# Eating too fast!



## brew1985 (Mar 10, 2010)

Hey everyone, Bison (9 weeks) is getting fed the recommended 2 cups a day (given over 4 meals a day, Canidae ALS) and he eats like a vacuum cleaner, he doesn't even chew a lot of the food, he just inhales it! We tried a big pan style bowl and put another, smaller bowl inside of that so he had to eat around it, he still just swallowed it all whole and managed to eat too fast. Our last resort has been to just scatter his food all over the floor so he has to search for it, it slows him down but he still just inhales most of it. I need some ideas on teaching him to chew...(go figure the ONE thing he doesn't wanna chew on is his food! :crazy: )


----------



## GSDSunshine (Sep 7, 2009)

Have you tried using the food dispensing balls/ toys like the buster cube. That way only a few kibble is tossed out at a time.


----------



## MaggieRoseLee (Aug 17, 2001)

Two cups total a day? I think that may not be enough... I know my puppies can really scarf down food at that age so you may want to think about upping the amount to 3 cups (split up) a day.

Do you have a round cake bundt pan or old jello mold around the house? Donut shaped? Putting food into these make it harder for the puppies to chase down the food.

Also can purchase better bowls built for this issue:

Eat Slower Pet Dishes - About Us












http://www.dapperpetstore.com/














http://www.youtube.com/user/longtaildp#p/a/u/2/4-PdfEHvOiA


----------



## LaRen616 (Mar 4, 2010)

I dont think 2 is enough either. When Sinister was a puppy we fed him 3-4 cups a day. He was never a fat puppy. Your puppy might still be hungry and 2 cups isn't enough for him. Try 3 cups and see if that helps. Good luck


----------



## MaggieRoseLee (Aug 17, 2001)

LaRen616 said:


> I dont think 2 is enough either. When Sinister was a puppy we fed him 3-4 cups a day. He was never a fat puppy. Your puppy might still be hungry and 2 cups isn't enough for him. Try 3 cups and see if that helps. Good luck


I also think you may even think about 4 cups a day, but try 3 first and see if that helps. Also keep an eye on how your puppy looks, seems like I'm always tweaking and adjusting amounts as my puppy grows. Specially if I'm using tons of training treats thru out the day.


----------



## brew1985 (Mar 10, 2010)

I was just going by the chart, so i'll try adding another cup i guess. Another thing my mom suggested is leaving his full day's food down to help alleviate the excitement when it's feeding time (to help reduce the possibility of bloat and torsion).


----------



## Remo (Sep 8, 2004)

Try putting his kibble in a 12 hole muffin pan.


----------



## roxy84 (Jun 23, 2007)

brew1985 said:


> I was just going by the chart, so i'll try adding another cup i guess. Another thing my mom suggested is leaving his full day's food down to help alleviate the excitement when it's feeding time (to help reduce the possibility of bloat and torsion).

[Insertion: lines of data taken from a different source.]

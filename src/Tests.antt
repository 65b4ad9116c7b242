-- ===== src/Tests.antt =====
-- Concrete inputs for the theorems: an allocator that grants everything, and buffers on it.
mod Buffers
mod Strings
mod Patterns
mod Channels
mod Peers
mod Families
mod Queues
mod Kexes
mod Flows
mod Messages
mod Addresses
mod Trees
mod Revocations
mod Packets
use libopenssh.Base.{
  ℕ, ◌+◌, ◌-◌, ◌≡◌, ◌≢◌, refl, ap, sym, ◌∙◌, Bool, true, false, arith, Bytes, [], ◌∷◌, ◌++◌, length,
  take, replicate, min, Option, some, none, length-append, length-take, length-replicate,
  take-append_le, take-take,
}
use libopenssh.Libc.{Allocator, Pointer}
use libopenssh.Sshbuf.{Sshbuf}
use libopenssh.Sshbuf.Sanity.{WellFormed}

abbrev pub resized : ℕ → Bytes → Bytes
resized n mem = take n mem ++ replicate (n - length mem) 0

length-resized : (n : ℕ) (mem : Bytes) → length (resized n mem) ≡ n
length-resized n mem = omega (
  arith,
  length-append (take n mem) (replicate {A = ℕ} (n - length mem) 0),
  length-take n mem,
  length-replicate {A = ℕ} (n - length mem) 0,
)

resized_front :
    (n : ℕ) (mem : Bytes)
    → take (min n (length mem)) (resized n mem) ≡ take (min n (length mem)) mem
resized_front n mem =
    take-append_le (min n (length mem)) (take n mem) (replicate (n - length mem) 0)
      (omega (arith, length-take n mem))
    ∙ take-take (min n (length mem)) n mem (omega arith)

pub libc_zeroed :
    (n : ℕ) {q : Pointer} {mem : Bytes}
    → ◌≡◌ {A = Option (Pointer × Bytes)} (some (1, replicate n 0)) (some (q, mem))
    → (q ≢ 0) × (mem ≡ replicate n 0)
libc_zeroed n e = (ground arith, ground arith)

pub libc_keeps :
    (p : Pointer) (mem : Bytes) (n : ℕ) {q : Pointer} {mem' : Bytes}
    → ◌≡◌ {A = Option (Pointer × Bytes)} (some (1, resized n mem)) (some (q, mem'))
    → (q ≢ 0) × (length mem' ≡ n) × (take (min n (length mem)) mem' ≡ take (min n (length mem)) mem)
libc_keeps p mem n e = ground (arith, length-resized n mem, resized_front n mem)

-- Every request is granted.
abbrev pub libc : Allocator
libc = record {
  calloc = λ n. some (1, replicate n 0);
  realloc = λ p mem n. some (1, resized n mem);
  calloc_zeroed = libc_zeroed;
  realloc_keeps = libc_keeps;
}

-- A block of eight bytes, of which four are in use behind one that is consumed.
abbrev pub half_full : Sshbuf
half_full = record {
  d = 7;
  cd = 7;
  mem = 9 ∷ 0 ∷ 0 ∷ 1 ∷ 5 ∷ 0 ∷ 0 ∷ 0 ∷ [];
  off = 1;
  size = 5;
  max_size = 300;
  alloc = 8;
  readonly = false;
  refcount = 1;
  parent = none;
}

pub half_full-WellFormed : WellFormed half_full
half_full-WellFormed = ground arith

-- The same block with nothing in it.
abbrev pub empty_buffer : Sshbuf
empty_buffer = record half_full { off = 0; size = 0 }

pub empty_buffer-WellFormed : WellFormed empty_buffer
empty_buffer-WellFormed = ground arith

then he may be eating a large quantity all at once, which some studies have implicated in bloat. you wont know how much he is eating and when. sseing how your dog does around meal times is a valuable tool for assessing how they are feeling. 

at that age id say you want to feed 3x/day.

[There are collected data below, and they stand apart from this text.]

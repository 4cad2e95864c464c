-- ===== src/Plan/Build.antt =====
-- The constructors of the plan records: __post_init__ of TeamSpec, NodeSpec, PlanEdge and RunPlan
-- in src/graphori_core/run_plan.py. Each takes the values that were passed and returns the record
-- with its fields normalised, or raises.
mod Producers
mod Checks
pub mod Accepted
pub mod Cycles
use Prim.Native.String.{compare}
use Prim.Native.Nat.{Ordering}
use graphori.Common.{
  ℕ, String, List, [], ◌∷◌, ◌++◌, map, Bool, true, false, not, ◌&&◌, ◌||◌, any, all, is_empty,
  length, contains, subset, all_distinct, is_blank, if◌then◌else◌, leb, ltb, ◌==◌, Option, none,
  some,
}
use graphori.Common.Int.{ℤ, pos, leb_ℤ}
use graphori.Common.Sort.{sort_by, sorted_set, text_lt}
use graphori.Common.Result.{Result, ok, err, ◌>>=◌, ◌>>◌, guard}
use graphori.Plan.Criterion.{criterion_id, CriterionError}
use graphori.Plan.Node.{SkillBinding, NodeSpec, TeamSpec, PlanEdge, RunPlan}
use graphori.Plan.Resolve.{idents, resolve, ResolveError}

-- Every ValueError that the constructors raise, with the ids of its message.
pub data PlanError : Type 0 where
  unknown_team : String → PlanError
  unknown_team_status : String → PlanError
  empty_node_text negative_estimate bad_criterion duplicate_criterion : PlanError
  duplicate_binding too_many_bindings requires_own_proof : PlanError
  bad_edge_endpoints unsupported_schema bad_run_identity : PlanError
  unknown_status : String → PlanError
  unknown_proof_policy : String → PlanError
  duplicate_node : PlanError
  unknown_dependencies : String → PlanError
  multiple_producers : String → PlanError
  unknown_proofs : String → PlanError
  open_fan_in : String → PlanError
  unproved_commit : String → PlanError
  irreversible_commit : String → PlanError
  cycle : ResolveError → PlanError
  unknown_edge : String → String → PlanError
  unknown_critical_path : PlanError

abbrev pub Built : Type 0 → Type 0
Built A = Result PlanError A

abbrev pub team_ids : List String
team_ids = "planning" ∷ "research" ∷ "design" ∷ "implementation" ∷ "verification" ∷ []

abbrev pub team_states : List String
team_states = "standby" ∷ "active" ∷ "omitted" ∷ "blocked" ∷ "complete" ∷ []

abbrev pub plan_states : List String
plan_states = "provisional" ∷ "committed" ∷ "superseded" ∷ []

abbrev pub proof_policies : List String
proof_policies = "" ∷ "sprout-1" ∷ []

unfoldable pub build_team : TeamSpec → Built TeamSpec
build_team t = do
  guard (contains team_ids t.team_id) (unknown_team t.team_id)
  guard (contains team_states t.status) (unknown_team_status t.status)
  ok t

-- The ids of the criteria, in order: criterion_id raises at the first that has none.
unfoldable pub criterion_ids : List String → Built (List String)
criterion_ids [] = ok []
criterion_ids (c ∷ cs) = do
  i ← elim (criterion_id c) [ ok i ↦ ok i | err _ ↦ err bad_criterion ]
  rest ← criterion_ids cs
  ok (i ∷ rest)

-- The key (skill_id, digest).
abbrev pub binding_lt : SkillBinding → SkillBinding → Bool
binding_lt a b = elim (compare a.skill_id b.skill_id) [
  | Ordering.lt ↦ true
  | Ordering.eq ↦ text_lt a.digest b.digest
  | Ordering.gt ↦ false
]

abbrev pub normalized : NodeSpec → NodeSpec
normalized n = record n {
  dependencies = sorted_set n.dependencies;
  read_scope = sorted_set n.read_scope;
  write_scope = sorted_set n.write_scope;
  skills = sorted_set n.skills;
  routing_reason_codes = sorted_set n.routing_reason_codes;
  adapter_requirements = sorted_set n.adapter_requirements;
  acceptance_criteria = sorted_set n.acceptance_criteria;
  evidence_requirements = sorted_set n.evidence_requirements;
  requires_proofs = sorted_set n.requires_proofs;
  closes_proofs = sorted_set n.closes_proofs;
  skill_bindings = sort_by binding_lt n.skill_bindings;
}

abbrev pub has_text : NodeSpec → Bool
has_text n = not (is_blank n.node_id || is_blank n.title || is_blank n.objective)

abbrev pub not_negative : NodeSpec → Bool
not_negative n =
    all
      (n.estimated_startup_ms ∷ n.estimated_execution_ms ∷ n.estimated_context_tokens
        ∷ n.uncertainty ∷ n.synthesis ∷ [])
      (λ v. leb_ℤ (pos 0) v)

unfoldable pub build_node : NodeSpec → Built NodeSpec
build_node raw = do
  guard (has_text raw) empty_node_text
  guard (contains team_ids raw.team_id) (unknown_team raw.team_id)
  guard (not_negative raw) negative_estimate
  let n = normalized raw
  ids ← criterion_ids n.acceptance_criteria
  guard (all_distinct ids) duplicate_criterion
  guard (all_distinct (map (λ b. b.skill_id) n.skill_bindings)) duplicate_binding
  guard (leb (length n.skill_bindings) 2) too_many_bindings
  guard (not (any n.requires_proofs (λ p. contains n.closes_proofs p))) requires_own_proof
  ok n

unfoldable pub build_edge : PlanEdge → Built PlanEdge
build_edge e = do
  guard (not (e.source == "" || e.target == "" || e.source == e.target)) bad_edge_endpoints
  ok e

-- The key (source, target, kind).
abbrev pub edge_lt : PlanEdge → PlanEdge → Bool
edge_lt a b = elim (compare a.source b.source) [
  | Ordering.lt ↦ true
  | Ordering.gt ↦ false
  | Ordering.eq ↦ elim (compare a.target b.target) [
    | Ordering.lt ↦ true
    | Ordering.gt ↦ false
    | Ordering.eq ↦ text_lt a.kind b.kind
  ]
]

-- `for proof in node.closes_proofs`: each proof gets its one producer.
unfoldable pub add_producers : List String → List String → Built (List String)
add_producers seen [] = ok seen
add_producers seen (p ∷ ps) = do
  guard (not (contains seen p)) (multiple_producers p)
  add_producers (p ∷ seen) ps

-- The first loop over the nodes: known dependencies, and the keys of proof_producers.
unfoldable pub producers : List String → List String → List NodeSpec → Built (List String)
unfolding add_producers
producers known seen [] = ok seen
producers known seen (n ∷ ns) = do
  guard (subset n.dependencies known) (unknown_dependencies n.node_id)
  seen' ← add_producers seen n.closes_proofs
  producers known seen' ns

-- The second loop: every required proof has a producer.
unfoldable pub check_required : List String → List NodeSpec → Built (Unit {0})
check_required seen [] = ok tt
check_required seen (n ∷ ns) = do
  guard (subset n.requires_proofs seen) (unknown_proofs n.node_id)
  check_required seen ns

-- by_id[dependency].closes_proofs
unfoldable pub closed_by : List NodeSpec → String → List String
closed_by [] d = []
closed_by (n ∷ ns) d = if n.node_id == d then n.closes_proofs else closed_by ns d

-- The union of the proofs that the dependencies of a node close.
unfoldable pub dependency_proofs : List NodeSpec → List String → List String
unfolding closed_by
dependency_proofs nodes [] = []
dependency_proofs nodes (d ∷ ds) = closed_by nodes d ++ dependency_proofs nodes ds

abbrev pub fan_in_proved : List NodeSpec → NodeSpec → Bool
fan_in_proved nodes n = not (
    any n.dependencies (λ d. is_empty (closed_by nodes d))
    || not (subset (dependency_proofs nodes n.dependencies) n.requires_proofs))

abbrev pub commit_proved : List NodeSpec → NodeSpec → Bool
commit_proved nodes n = not (
    is_empty (dependency_proofs nodes n.dependencies)
    || not (subset (dependency_proofs nodes n.dependencies) n.requires_proofs))

-- The Sprout policy of one node.
unfoldable pub check_sprout : List NodeSpec → NodeSpec → Built (Unit {0})
unfolding dependency_proofs
check_sprout nodes n = do
  guard (not (ltb 1 (length n.dependencies)) || fan_in_proved nodes n) (open_fan_in n.node_id)
  guard (not n.external_effect || commit_proved nodes n) (unproved_commit n.node_id)
  guard (not n.external_effect || n.reversibility == "reversible") (irreversible_commit n.node_id)
  ok tt

unfoldable pub check_sprouts : List NodeSpec → List NodeSpec → Built (Unit {0})
unfolding check_sprout
check_sprouts nodes [] = ok tt
check_sprouts nodes (n ∷ ns) = do check_sprout nodes n; check_sprouts nodes ns

unfoldable pub check_edges : List String → List PlanEdge → Built (Unit {0})
check_edges known [] = ok tt
check_edges known (e ∷ es) = do
  guard (contains known e.source && contains known e.target) (unknown_edge e.source e.target)
  check_edges known es

abbrev pub arranged : RunPlan → RunPlan
arranged p = record p {
  teams = sort_by (λ (a b : TeamSpec). text_lt a.team_id b.team_id) p.teams;
  nodes = sort_by (λ (a b : NodeSpec). text_lt a.node_id b.node_id) p.nodes;
  edges = sort_by edge_lt p.edges;
}

abbrev pub no_cycle : Result ResolveError (List String) → Built (List String)
no_cycle (ok order) = ok order
no_cycle (err e) = err (cycle e)

-- The checks on the arranged nodes, edges and critical path.
unfoldable pub check_graph : RunPlan → Built RunPlan
unfolding producers check_required check_sprouts check_edges
check_graph p = do
  guard (all_distinct (idents p.nodes)) duplicate_node
  let known = idents p.nodes
  seen ← producers known [] p.nodes
  check_required seen p.nodes
  (if p.proof_policy == "" then ok tt else check_sprouts p.nodes p.nodes)
  order ← no_cycle (resolve p.nodes)
  check_edges known p.edges
  guard (subset p.critical_path known) unknown_critical_path
  ok p

unfoldable pub build_plan : RunPlan → Built RunPlan
unfolding check_graph
build_plan raw = do
  guard (leb_ℤ raw.schema_version (pos 2) && leb_ℤ (pos 2) raw.schema_version) unsupported_schema
  guard (not (is_blank raw.run_id) && leb_ℤ (pos 1) raw.plan_version) bad_run_identity
  guard (contains plan_states raw.status) (unknown_status raw.status)
  guard (contains proof_policies raw.proof_policy) (unknown_proof_policy raw.proof_policy)
  check_graph (arranged raw)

here is a good thread about free feeding vs scheduled feedings. most of the discussion is about adult dogs (and thus most people feed 2x/day instead of 3x/day for the younger pups), but there are still references to the problems with free feeding or feeding 1x per day.

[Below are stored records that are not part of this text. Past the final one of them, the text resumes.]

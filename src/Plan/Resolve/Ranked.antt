-- ===== src/Plan/Resolve/Ranked.antt =====
-- The rounds at the end of RunPlan.__post_init__ in src/graphori_core/run_plan.py against rankings of the
-- dependencies.
use mathlib.Core.List.{mem-map_of_mem, exists_of_mem-map, not-mem-nil}
use graphori.Common.{
  ℕ, zero, suc, ◌<◌, String, List, [], ◌∷◌, ◌++◌, Mem, true, false, not, ◌||◌, is_empty, length,
  contains, if◌then◌else◌, ◌≡◌, refl, arith, Bool-cases, inl, inr, All, any-append, all-true,
  mem-keep, mem-keep_of, mem-of_contains, contains-of_mem, ∥∥₁_elim, Bool-set,
}
use graphori.Common.Result.{ok}
use graphori.Plan.Node.{NodeSpec}
use graphori.Plan.Resolve.{idents, is_ready, ready, waiting, rounds, resolve}

-- `rank` puts every dependency below its node.
abbrev pub IsRanked : (String → ℕ) → List NodeSpec → Type 0
IsRanked rank = All (λ n. (d : String) → contains n.dependencies d ≡ true → rank d < rank n.node_id)

-- Nodes with one id are one node.
abbrev pub IsUnique : List NodeSpec → Type 0
IsUnique nodes = (m n : NodeSpec) → Mem m nodes → Mem n nodes → m.node_id ≡ n.node_id → m ≡ n

pub record Inv (nodes remaining : List NodeSpec) (resolved : List String) (rank : String → ℕ)
    (k : ℕ) : Type 0 where
  pub settled :
      (n : NodeSpec)
      → Mem n nodes
      → contains resolved n.node_id ≡ true
      → (d : String) → contains n.dependencies d ≡ true
      → (contains resolved d ≡ true) × (rank d < rank n.node_id)
  pub below : (x : String) → contains resolved x ≡ true → rank x < k
  pub left : (n : NodeSpec) → Mem n nodes → contains resolved n.node_id ≡ false → Mem n remaining
  pub fresh : (n : NodeSpec) → Mem n remaining → contains resolved n.node_id ≡ false
  pub known : (n : NodeSpec) → Mem n remaining → Mem n nodes

abbrev pub next_rank : List String → (String → ℕ) → ℕ → String → ℕ
next_rank resolved rank k x = if contains resolved x then rank x else k

module _ (nodes remaining : List NodeSpec) (resolved : List String) (rank : String → ℕ) (k : ℕ)
    (unique : IsUnique nodes) (inv : Inv nodes remaining resolved rank k) where
  abbrev pub resolved' : List String
  resolved' = resolved ++ idents (ready resolved remaining)

  -- An id that this round resolves is that of a ready node.
  ready_of_new :
      (n : NodeSpec)
      → Mem n remaining
      → contains (idents (ready resolved remaining)) n.node_id ≡ true
      → is_ready resolved n ≡ true
  ready_of_new n m h =
      ∥∥₁_elim (exists_of_mem-map (mem-of_contains _ _ h)) (Bool-set _ _) λ (w, w_ready, e).
        let (w_in, w_test) = mem-keep (is_ready resolved) remaining w w_ready in
        let same = unique w n (inv.known w w_in) (inv.known n m) e in rw same at w_test

  new_of_ready :
      (n : NodeSpec)
      → Mem n remaining
      → is_ready resolved n ≡ true
      → contains (idents (ready resolved remaining)) n.node_id ≡ true
  new_of_ready n m h = contains-of_mem _ _ (
      mem-map_of_mem (λ (w : NodeSpec). w.node_id)
        (mem-keep_of (is_ready resolved) remaining n m h))

  split_new :
      (x : String)
      → contains resolved' x
        ≡ (contains resolved x || contains (idents (ready resolved remaining)) x)
  split_new x = any-append _ resolved _

  -- The dependencies of a node that this round resolves are resolved.
  deps_resolved :
      (n : NodeSpec)
      → is_ready resolved n ≡ true
      → (d : String) → contains n.dependencies d ≡ true
      → contains resolved d ≡ true
  deps_resolved n r d dep = all-true _ n.dependencies r d (mem-of_contains _ d dep)

  next-settled :
      (n : NodeSpec)
      → Mem n nodes
      → contains resolved' n.node_id ≡ true
      → (d : String) → contains n.dependencies d ≡ true
      → (contains resolved' d ≡ true)
        × (next_rank resolved rank k d < next_rank resolved rank k n.node_id)
  next-settled n m h d dep = elim (Bool-cases (contains resolved n.node_id)) [
    | inl old ↦
        let (c, lt) = inv.settled n m old d dep in (rw (split_new d) (rw c), rw c (rw old lt))
    | inr new ↦
        let here : contains (idents (ready resolved remaining)) n.node_id ≡ true =
          cc (split_new n.node_id, h, new) in
        let c = deps_resolved n (ready_of_new n (inv.left n m new) here) d dep in
        (rw (split_new d) (rw c), rw c (rw new (inv.below d c)))
  ]

  next-below : (x : String) → contains resolved' x ≡ true → next_rank resolved rank k x < suc k
  next-below x h = elim (Bool-cases (contains resolved x)) [
    | inl old ↦ rw old (omega (arith, inv.below x old))
    | inr new ↦ rw new (omega arith)
  ]

  next-left :
      (n : NodeSpec)
      → Mem n nodes
      → contains resolved' n.node_id ≡ false
      → Mem n (waiting resolved remaining)
  next-left n m h = elim (Bool-cases (contains resolved n.node_id)) [
    | inl old ↦ absurd (ground (arith, split_new n.node_id))
    | inr new ↦
        let m' = inv.left n m new in
        elim (Bool-cases (is_ready resolved n)) [
          | inl now ↦ absurd (ground (arith, split_new n.node_id, new_of_ready n m' now))
          | inr later ↦ mem-keep_of (λ w. not (is_ready resolved w)) remaining n m' (rw later)
        ]
  ]

  next-fresh :
      (n : NodeSpec) → Mem n (waiting resolved remaining) → contains resolved' n.node_id ≡ false
  next-fresh n m =
      let (m', later) = mem-keep (λ w. not (is_ready resolved w)) remaining n m in
      let old = inv.fresh n m' in
      elim (Bool-cases (contains (idents (ready resolved remaining)) n.node_id)) [
        | inl now ↦ absurd (cc (ready_of_new n m' now, later))
        | inr never ↦ cc (split_new n.node_id, old, never)
      ]

  pub next-Inv :
      Inv nodes (waiting resolved remaining) resolved' (next_rank resolved rank k) (suc k)
  next-Inv = record {
    settled = next-settled;
    below = next-below;
    left = next-left;
    fresh = next-fresh;
    known = λ n m. inv.known n (mem-keep _ remaining n m).0;
  }

-- What holds when the loop returns.
pub record Resolved (nodes : List NodeSpec) (order : List String) : Type 0 where
  pub rank : String → ℕ
  pub ranked : IsRanked rank nodes
  pub complete : (n : NodeSpec) → Mem n nodes → contains order n.node_id ≡ true

finish :
    (nodes : List NodeSpec) (resolved : List String) (rank : String → ℕ) (k : ℕ)
    → Inv nodes [] resolved rank k
    → Resolved nodes resolved
finish nodes resolved rank k inv = record {
  rank = rank;
  ranked = λ n m d dep. (inv.settled n m (all_done n m) d dep).1;
  complete = all_done;
}
  where
    all_done : (n : NodeSpec) → Mem n nodes → contains resolved n.node_id ≡ true
    all_done n m = elim (Bool-cases (contains resolved n.node_id)) [
      | inl done ↦ done
      | inr open_yet ↦ absurd (not-mem-nil (inv.left n m open_yet))
    ]

rounds-Resolved :
    (nodes : List NodeSpec)
    → IsUnique nodes
    → (fuel : ℕ) (resolved : List String) (remaining : List NodeSpec) (rank : String → ℕ) (k : ℕ)
    → Inv nodes remaining resolved rank k
    → (order : List String) → rounds fuel resolved remaining ≡ ok order
    → Resolved nodes order
unfolding rounds
rounds-Resolved nodes u zero resolved [] rank k inv order e =
    let same : resolved ≡ order = cc e in rw same at (finish nodes resolved rank k inv)
rounds-Resolved nodes u zero resolved (n ∷ ns) rank k inv order e = cc e
rounds-Resolved nodes u (suc fuel) resolved [] rank k inv order e =
    let same : resolved ≡ order = cc e in rw same at (finish nodes resolved rank k inv)
rounds-Resolved nodes u (suc fuel) resolved (n ∷ ns) rank k inv order e =
    elim (Bool-cases (is_empty (ready resolved (n ∷ ns)))) [
      | inl stuck ↦ cc (rw stuck at e)
      | inr moves ↦
          rounds-Resolved nodes u fuel _ _ _ (suc k) (next-Inv nodes (n ∷ ns) resolved rank k u inv)
            order (rw moves at e)
    ]

pub Inv-start : (nodes : List NodeSpec) → Inv nodes nodes [] (λ x. 0) 0
Inv-start nodes = record {
  settled = λ n m h d dep. cc h;
  below = λ x h. cc h;
  left = λ n m h. m;
  fresh = λ n m. refl;
  known = λ n m. m;
}

-- Dependencies that were resolved have a ranking, and every node was resolved.
pub resolve-Resolved :
    (nodes : List NodeSpec) (order : List String)
    → IsUnique nodes
    → resolve nodes ≡ ok order
    → Resolved nodes order
unfolding resolve
resolve-Resolved nodes order u e =
    rounds-Resolved nodes u (length nodes) [] nodes (λ x. 0) 0 (Inv-start nodes) order e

http://www.germanshepherds.com/foru...g-vs-1-full-meal-day-vs-2-half-meals-day.html


----------



## fightin14 (Feb 18, 2010)

My puppy is 21 weeks and she gets two cups twice daily, and then extra food rewards totaling 3-4 hotdogs a day.


----------



## brew1985 (Mar 10, 2010)

Well I've been feeding 1/2 a cup 4 times a day, as recommended on the Canidae label. I know some foods recommend different feeding schedules. Mine specifies the amount for puppies but does not account for large breeds...so do i really want to start feeding a full cup 3x a day?


----------



## LaRen616 (Mar 4, 2010)

I would still up it a cup.


----------



## TYE (Mar 31, 2010)

i got my dog at 8 wks old and he ate like a pig , just like a vacumn cleaner. he still does he a lot at 1 time but he's 4 months now and starting to take his time with his food. I guess it will just take getting older for him to mind his manners haha


----------



## brew1985 (Mar 10, 2010)

hope so!


----------



## GSDSunshine (Sep 7, 2009)

Hey Brew, I checked out the Canidae Site and if it makes you feel any better, the directions are a little vague. The puppies/Adult/senior is not very helpful. The weight you are going to go by (at least at first... until you get a better idea of how much is just enough... then you can go up or down) is his projected adult weight. Then look at the Amount for puppies under 6 mo. It says to feed 4-5 cups/day for a 50-75 pounder. I think that dog food companies will up the amount a tad to get you to use their food more, So it you project his adult weight at 76lbs, give or take, and cut a bit out for over feeding (silly dog food companies) you end up at about 4 c.


----------